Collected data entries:
************

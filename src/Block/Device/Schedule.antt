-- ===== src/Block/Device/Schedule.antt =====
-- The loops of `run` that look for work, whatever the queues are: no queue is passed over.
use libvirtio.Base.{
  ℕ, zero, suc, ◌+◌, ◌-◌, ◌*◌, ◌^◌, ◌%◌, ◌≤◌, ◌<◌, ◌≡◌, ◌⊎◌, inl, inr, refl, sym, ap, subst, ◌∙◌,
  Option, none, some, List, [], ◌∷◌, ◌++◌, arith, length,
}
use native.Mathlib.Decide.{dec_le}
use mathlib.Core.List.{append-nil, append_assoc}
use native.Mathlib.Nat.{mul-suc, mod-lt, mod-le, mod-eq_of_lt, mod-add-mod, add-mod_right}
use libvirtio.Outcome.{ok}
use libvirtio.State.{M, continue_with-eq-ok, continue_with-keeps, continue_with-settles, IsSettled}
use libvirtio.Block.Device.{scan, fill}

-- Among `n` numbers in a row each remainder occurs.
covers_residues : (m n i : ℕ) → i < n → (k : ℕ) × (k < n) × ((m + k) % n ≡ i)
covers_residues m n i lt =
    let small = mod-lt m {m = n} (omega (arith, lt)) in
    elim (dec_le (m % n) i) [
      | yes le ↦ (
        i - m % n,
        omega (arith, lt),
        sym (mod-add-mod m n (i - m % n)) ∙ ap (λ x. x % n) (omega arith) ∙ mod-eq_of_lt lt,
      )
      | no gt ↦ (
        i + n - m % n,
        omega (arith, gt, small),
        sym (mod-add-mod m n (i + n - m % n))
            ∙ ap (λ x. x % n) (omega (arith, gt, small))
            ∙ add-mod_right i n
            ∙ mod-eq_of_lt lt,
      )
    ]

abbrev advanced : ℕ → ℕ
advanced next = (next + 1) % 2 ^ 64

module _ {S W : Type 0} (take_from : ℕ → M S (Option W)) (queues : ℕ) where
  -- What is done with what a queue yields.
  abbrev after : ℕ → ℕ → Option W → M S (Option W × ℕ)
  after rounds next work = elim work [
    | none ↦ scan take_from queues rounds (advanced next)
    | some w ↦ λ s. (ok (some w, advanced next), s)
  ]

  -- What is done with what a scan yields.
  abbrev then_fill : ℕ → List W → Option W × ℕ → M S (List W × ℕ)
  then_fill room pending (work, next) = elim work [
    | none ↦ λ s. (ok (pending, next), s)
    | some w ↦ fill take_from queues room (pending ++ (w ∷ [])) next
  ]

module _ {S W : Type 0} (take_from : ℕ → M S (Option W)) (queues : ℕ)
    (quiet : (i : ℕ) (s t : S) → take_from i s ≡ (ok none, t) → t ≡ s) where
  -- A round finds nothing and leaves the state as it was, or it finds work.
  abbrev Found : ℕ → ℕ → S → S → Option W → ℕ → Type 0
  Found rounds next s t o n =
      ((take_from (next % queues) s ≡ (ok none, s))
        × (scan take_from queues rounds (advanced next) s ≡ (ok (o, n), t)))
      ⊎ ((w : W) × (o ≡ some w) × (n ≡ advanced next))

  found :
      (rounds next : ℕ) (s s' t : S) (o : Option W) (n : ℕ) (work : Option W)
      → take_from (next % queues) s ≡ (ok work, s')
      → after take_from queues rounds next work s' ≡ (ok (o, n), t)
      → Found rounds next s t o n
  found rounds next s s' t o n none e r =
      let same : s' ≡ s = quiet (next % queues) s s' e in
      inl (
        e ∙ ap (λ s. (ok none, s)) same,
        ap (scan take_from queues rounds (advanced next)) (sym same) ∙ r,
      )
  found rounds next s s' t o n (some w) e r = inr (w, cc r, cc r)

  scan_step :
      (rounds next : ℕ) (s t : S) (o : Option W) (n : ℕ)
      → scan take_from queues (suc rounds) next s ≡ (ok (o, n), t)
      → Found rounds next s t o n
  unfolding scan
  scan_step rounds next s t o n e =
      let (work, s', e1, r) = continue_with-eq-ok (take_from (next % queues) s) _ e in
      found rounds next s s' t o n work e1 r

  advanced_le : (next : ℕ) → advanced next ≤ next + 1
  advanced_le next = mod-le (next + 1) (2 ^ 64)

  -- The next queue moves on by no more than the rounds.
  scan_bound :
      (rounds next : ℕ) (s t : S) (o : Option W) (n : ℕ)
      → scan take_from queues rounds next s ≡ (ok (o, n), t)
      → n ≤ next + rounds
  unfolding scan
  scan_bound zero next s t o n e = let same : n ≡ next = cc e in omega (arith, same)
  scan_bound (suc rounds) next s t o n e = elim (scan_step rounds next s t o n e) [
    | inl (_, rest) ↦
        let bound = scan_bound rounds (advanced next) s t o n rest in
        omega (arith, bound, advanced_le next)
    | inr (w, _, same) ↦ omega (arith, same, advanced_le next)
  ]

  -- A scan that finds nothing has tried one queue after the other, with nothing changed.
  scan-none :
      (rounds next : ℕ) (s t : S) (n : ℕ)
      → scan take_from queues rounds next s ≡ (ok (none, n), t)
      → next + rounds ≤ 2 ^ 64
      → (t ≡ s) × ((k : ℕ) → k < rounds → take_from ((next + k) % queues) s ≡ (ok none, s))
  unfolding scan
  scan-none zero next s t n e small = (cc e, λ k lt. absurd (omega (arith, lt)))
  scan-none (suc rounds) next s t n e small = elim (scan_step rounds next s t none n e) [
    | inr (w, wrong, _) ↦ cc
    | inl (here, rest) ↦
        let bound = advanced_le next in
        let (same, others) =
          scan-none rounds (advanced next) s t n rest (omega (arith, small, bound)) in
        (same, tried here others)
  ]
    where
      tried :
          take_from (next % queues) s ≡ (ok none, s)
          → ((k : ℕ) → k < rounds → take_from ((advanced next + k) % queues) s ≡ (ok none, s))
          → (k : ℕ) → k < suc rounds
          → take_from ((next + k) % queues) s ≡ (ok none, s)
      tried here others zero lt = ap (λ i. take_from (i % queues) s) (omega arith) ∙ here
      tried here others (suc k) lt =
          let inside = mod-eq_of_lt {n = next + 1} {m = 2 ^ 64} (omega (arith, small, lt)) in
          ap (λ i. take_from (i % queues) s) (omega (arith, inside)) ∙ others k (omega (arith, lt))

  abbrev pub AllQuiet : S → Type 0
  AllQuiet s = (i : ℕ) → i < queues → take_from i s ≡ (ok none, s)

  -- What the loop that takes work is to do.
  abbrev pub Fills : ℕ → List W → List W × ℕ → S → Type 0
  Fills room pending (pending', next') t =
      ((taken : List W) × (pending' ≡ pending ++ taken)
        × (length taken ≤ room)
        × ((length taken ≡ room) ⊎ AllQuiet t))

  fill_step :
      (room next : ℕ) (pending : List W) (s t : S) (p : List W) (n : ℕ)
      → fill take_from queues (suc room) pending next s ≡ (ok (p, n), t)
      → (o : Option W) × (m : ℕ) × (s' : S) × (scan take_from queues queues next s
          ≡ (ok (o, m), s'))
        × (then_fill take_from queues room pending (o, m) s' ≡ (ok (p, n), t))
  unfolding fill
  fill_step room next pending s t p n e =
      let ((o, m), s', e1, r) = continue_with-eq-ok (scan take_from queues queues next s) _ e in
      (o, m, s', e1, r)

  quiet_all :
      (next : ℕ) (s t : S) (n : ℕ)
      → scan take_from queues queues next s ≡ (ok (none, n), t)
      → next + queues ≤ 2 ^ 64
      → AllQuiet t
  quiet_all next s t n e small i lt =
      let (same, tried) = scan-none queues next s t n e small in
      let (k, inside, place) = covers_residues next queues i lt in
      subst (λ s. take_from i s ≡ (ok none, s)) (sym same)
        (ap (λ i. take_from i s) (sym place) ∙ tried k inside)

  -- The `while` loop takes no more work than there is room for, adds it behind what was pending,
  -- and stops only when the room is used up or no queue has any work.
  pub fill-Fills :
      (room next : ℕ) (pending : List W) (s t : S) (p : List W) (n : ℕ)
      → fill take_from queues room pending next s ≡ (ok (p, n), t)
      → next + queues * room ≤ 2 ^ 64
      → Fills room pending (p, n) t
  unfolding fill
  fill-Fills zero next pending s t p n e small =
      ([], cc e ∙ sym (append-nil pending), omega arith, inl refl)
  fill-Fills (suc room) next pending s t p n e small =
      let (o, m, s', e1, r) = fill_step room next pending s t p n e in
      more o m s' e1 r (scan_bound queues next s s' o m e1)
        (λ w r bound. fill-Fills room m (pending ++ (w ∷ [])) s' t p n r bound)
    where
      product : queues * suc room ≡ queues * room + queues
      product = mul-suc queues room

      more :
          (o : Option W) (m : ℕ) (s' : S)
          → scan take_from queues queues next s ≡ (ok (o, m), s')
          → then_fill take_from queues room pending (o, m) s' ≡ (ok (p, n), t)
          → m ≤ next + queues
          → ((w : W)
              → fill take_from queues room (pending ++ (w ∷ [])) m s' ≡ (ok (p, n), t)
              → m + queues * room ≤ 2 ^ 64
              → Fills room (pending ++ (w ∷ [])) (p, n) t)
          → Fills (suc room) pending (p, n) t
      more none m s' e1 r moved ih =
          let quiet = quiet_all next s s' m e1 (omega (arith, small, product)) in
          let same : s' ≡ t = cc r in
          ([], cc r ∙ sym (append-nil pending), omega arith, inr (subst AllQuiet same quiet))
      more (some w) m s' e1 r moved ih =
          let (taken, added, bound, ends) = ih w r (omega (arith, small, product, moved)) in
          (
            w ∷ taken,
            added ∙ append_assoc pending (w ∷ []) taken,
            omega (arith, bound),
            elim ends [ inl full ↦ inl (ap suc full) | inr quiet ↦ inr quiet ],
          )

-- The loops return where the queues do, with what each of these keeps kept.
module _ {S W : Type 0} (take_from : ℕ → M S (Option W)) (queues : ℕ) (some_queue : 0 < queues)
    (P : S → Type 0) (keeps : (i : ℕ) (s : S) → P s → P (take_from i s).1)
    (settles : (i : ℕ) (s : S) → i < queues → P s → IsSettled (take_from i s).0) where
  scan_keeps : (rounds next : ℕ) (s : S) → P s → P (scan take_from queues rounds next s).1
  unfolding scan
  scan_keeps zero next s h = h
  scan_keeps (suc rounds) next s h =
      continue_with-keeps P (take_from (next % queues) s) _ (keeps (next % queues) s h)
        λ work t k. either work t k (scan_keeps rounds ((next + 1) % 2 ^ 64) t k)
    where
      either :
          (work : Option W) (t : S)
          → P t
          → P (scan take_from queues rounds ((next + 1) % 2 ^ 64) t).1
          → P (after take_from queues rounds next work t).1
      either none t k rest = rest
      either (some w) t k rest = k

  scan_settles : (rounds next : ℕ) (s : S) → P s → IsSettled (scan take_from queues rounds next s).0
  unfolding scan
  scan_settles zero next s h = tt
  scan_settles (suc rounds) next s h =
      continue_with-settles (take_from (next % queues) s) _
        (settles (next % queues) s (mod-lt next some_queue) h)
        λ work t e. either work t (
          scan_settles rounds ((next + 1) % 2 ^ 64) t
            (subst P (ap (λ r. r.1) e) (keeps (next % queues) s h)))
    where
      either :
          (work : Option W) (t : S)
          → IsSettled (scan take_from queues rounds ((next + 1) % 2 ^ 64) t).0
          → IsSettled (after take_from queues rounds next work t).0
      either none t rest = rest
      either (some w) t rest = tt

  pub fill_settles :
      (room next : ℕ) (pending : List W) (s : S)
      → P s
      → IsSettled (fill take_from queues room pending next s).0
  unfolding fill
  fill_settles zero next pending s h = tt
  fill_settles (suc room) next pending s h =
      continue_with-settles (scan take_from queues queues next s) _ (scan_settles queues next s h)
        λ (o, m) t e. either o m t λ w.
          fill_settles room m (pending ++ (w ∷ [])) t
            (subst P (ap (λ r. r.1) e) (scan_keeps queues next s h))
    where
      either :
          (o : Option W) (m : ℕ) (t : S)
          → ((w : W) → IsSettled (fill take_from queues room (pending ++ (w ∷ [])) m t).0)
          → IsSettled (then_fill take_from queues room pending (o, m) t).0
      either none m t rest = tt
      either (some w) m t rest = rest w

************

- _Activity_:
The output should consist only of the lines from the one with "either none t rest = rest" through the final line of the records above, exactly.

- _Output below_:
      either none t rest = rest
      either (some w) t rest = tt

  pub fill_settles :
      (room next : ℕ) (pending : List W) (s : S)
      → P s
      → IsSettled (fill take_from queues room pending next s).0
  unfolding fill
  fill_settles zero next pending s h = tt
  fill_settles (suc room) next pending s h =
      continue_with-settles (scan take_from queues queues next s) _ (scan_settles queues next s h)
        λ (o, m) t e. either o m t λ w.
          fill_settles room m (pending ++ (w ∷ [])) t
            (subst P (ap (λ r. r.1) e) (scan_keeps queues next s h))
    where
      either :
          (o : Option W) (m : ℕ) (t : S)
          → ((w : W) → IsSettled (fill take_from queues room (pending ++ (w ∷ [])) m t).0)
          → IsSettled (then_fill take_from queues room pending (o, m) t).0
      either none m t rest = tt
      either (some w) m t rest = rest w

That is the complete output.